You should listen to his full testimony. It's only 6 minutes, but it's valuable to hear from the people whose work is being stolen by AI.

If you were a judge how would you rule? Before I tell you how the judge ruled, I need to explain the "fair use" policy outlined in the Copyright Act. Copyright website has a few things to say about fair use.

The most important section over there is:

Additionally, "transformative" uses are more likely to be considered fair.

Transformative - that's the keyword Anthropic's lawyers were using. See if I take an author's book and copy it word for word; then I'm violating copyright. However, if I learn from that book and then provide my interpretation of what I have learned, that's not a violation of copyright, but rather I'm providing "transformed" information.

If you ask AI "how the atomic bomb was built," it would not copy word by word from any book. Rather, it would give you an answer which is "transformed" from various books written on the topic of "how the atomic bomb was built".

Now that you know about "transformative" part of "fair use" and if you are a judge how would you rule. Personally, I'm very sympathetic to all the authors whose content was used to build AI, but the way copyright law is written, it allows "transformative" use. And that's what the judge said. The judge said that Antrhopic is not violating copyrights of the book authors.

That's a huge win not only for Anthropic but for the whole AI community.

So if I'm an author then what are my choices. Remember previously with google the deal was simple. Using robots.txt I would govern what google can crawl and in return google gives me links. No need to involve the government. Google respected robots.txt and everyone played by the rule.

In mid 2024 some folks noted that Perplexity AI was not honoring robots.txt. Perplexity officially accepted that they are not honoring robots.txt, but the executives took a posture that if you want a better search, then you have to allow us. Since robots.txt is not a government-mandated law, no one can do anything about it. Perplexity kept crawling the sites there were banned in robots.txt even after this matter was brought to public.

As you can see Google had setup an honor system and everything worked fine.

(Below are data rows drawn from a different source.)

-- ===== src/Opmode/Examples.antt =====
-- Runs of src/lib/opmode.c.
use turris_updater.Base.{◌≡◌, refl, Bool, false, [], ◌∷◌, Bytes, codes}
use turris_updater.Opmode.Modes.{
  Modes, returns, raises, boolean, lua_str2opmode, lua_opmode_set, lua_opmode_unset,
  lua_opmode_index,
}
use turris_updater.Opmode.Independent.{then_index, lua_opmode_set-index}

abbrev initial : Modes
initial = false ∷ false ∷ false ∷ []

abbrev no_fields : Bytes → Bool
no_fields name = false

lua_opmode_set-index_run :
    (then_index no_fields (codes "reinstall_all") (lua_opmode_set (codes "no_removal") initial)
      ≡ returns (boolean false))
    × (then_index no_fields (codes "reinstall_all") (lua_opmode_unset (codes "no_removal") initial)
        ≡ returns (boolean false))
unfolding lua_str2opmode lua_opmode_index
lua_opmode_set-index_run =
    lua_opmode_set-index no_fields (codes "no_removal") (codes "reinstall_all") initial refl refl

unknown_raises : lua_opmode_set (codes "x") initial ≡ raises (codes "Setting unknown mode: x")
unfolding lua_opmode_set
unknown_raises = refl
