-- ===== src/Pool.antt =====
-- pkg/pool/pool.go: the pools of game servers. Every exported method holds the manager's mutex
-- from beginning to end, so each is one step: a function from the manager to its result and the
-- new manager. `now` is the reading of the clock in the call, in nanoseconds.
pub mod Scheduler
pub mod State
pub mod Calls
pub mod Query
pub mod Nodes
pub mod Frame
pub mod Invariant
pub mod Edits
pub mod Abstract
pub mod Refinement
pub mod Allocation
pub mod Figures
pub mod Idle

Then these AI cowboys came and decided that the old norms do not apply to them.

Publishers and content creators were getting frustrated. Their content is getting scraped. These AI companies are worth billions, but the content authors don't reap any benefits.

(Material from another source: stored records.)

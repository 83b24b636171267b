-- ===== src/Pool/Allocation.antt =====
-- What an allocation does: on success, on failure, and to the servers that it does not choose.
pub mod Candidates
pub mod Choosing
pub mod Outcome
pub mod Exclusive
pub mod Taken
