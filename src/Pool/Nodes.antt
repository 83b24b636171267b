-- ===== src/Pool/Nodes.antt =====
-- pkg/pool/pool.go: the choice of healthy nodes. `filter_answer` stands for the node filter: `none`
-- without one, else what its provider answers.
use game_server_orchestrator.Prelude.{
  String, Bool, true, false, not, Option, none, some, List, [], ◌∷◌, filter, if◌then◌else◌,
}
use game_server_orchestrator.Prelude.Dict.{Dict, insert, get_or}
use game_server_orchestrator.Prelude.Result.{ok, err}
use game_server_orchestrator.V1alpha1.Policy.{NodeHealthConfig}
use game_server_orchestrator.Health.{NodeAnswer, healthy_nodes}

abbrev pub healthy_set : List String → Dict Bool
healthy_set [] = []
healthy_set (n ∷ ns) = insert n true (healthy_set ns)

-- `FilterNodesByHealth`, which never returns an error.
unfoldable pub filter_nodes_by_health :
    {F : Type 0}
    → Option (Option NodeAnswer)
    → List String
    → Option (NodeHealthConfig F)
    → List String
filter_nodes_by_health none candidates cfg = candidates
filter_nodes_by_health (some provider) candidates none = candidates
filter_nodes_by_health (some provider) candidates (some cfg) =
    if not cfg.enabled then candidates else elim (healthy_nodes provider) [
      | err e ↦ candidates
      | ok (healthy, unhealthy) ↦ filter (λ c. get_or false c (healthy_set healthy)) candidates
    ]
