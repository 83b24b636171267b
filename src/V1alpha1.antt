-- ===== src/V1alpha1.antt =====
-- The custom resources of api/v1alpha1: the types that the controllers read and write.
pub mod Policy
pub mod Fleet
pub mod Allocation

So that's the current environment. Matthew thinks he would be the savior of all these content creators. Cloudflare today handles 20% of web traffic. Soon it would handle 30% and more. Matthew came up with this default ban idea so that the content creators who are using cloudflare are protected.

Matthew is also allowing the content creators to set a price for crawl. In this way they more they crawl the more they need to pay. To me that seems fair. After all these AI companies are benefitting from the content and they are not bringing any benefits to the content creators.

Before I finish this long article, I have a thought. OpenAI should buy Cloudflare. By default, Cloudflare has blocked all AI bots except Google Bot. If OpenAI buys Cloudflare, then obviously OpenAI would be able to get the new content, but it can starve other AI companies of the new content.

OpenAI is fighting on multiple fronts. It's competing with Google search, Microsoft search and other AI companies. Buying cloudflare will not help in fighting Google but it will help in cutting off content for Bing and other AI companies.I assumeg that in the future Microsoft and OpenAI will not be partners.

Or perhaps Microsoft should acquire Cloudflare and cut off its supply to all AI companies, including OpenAI.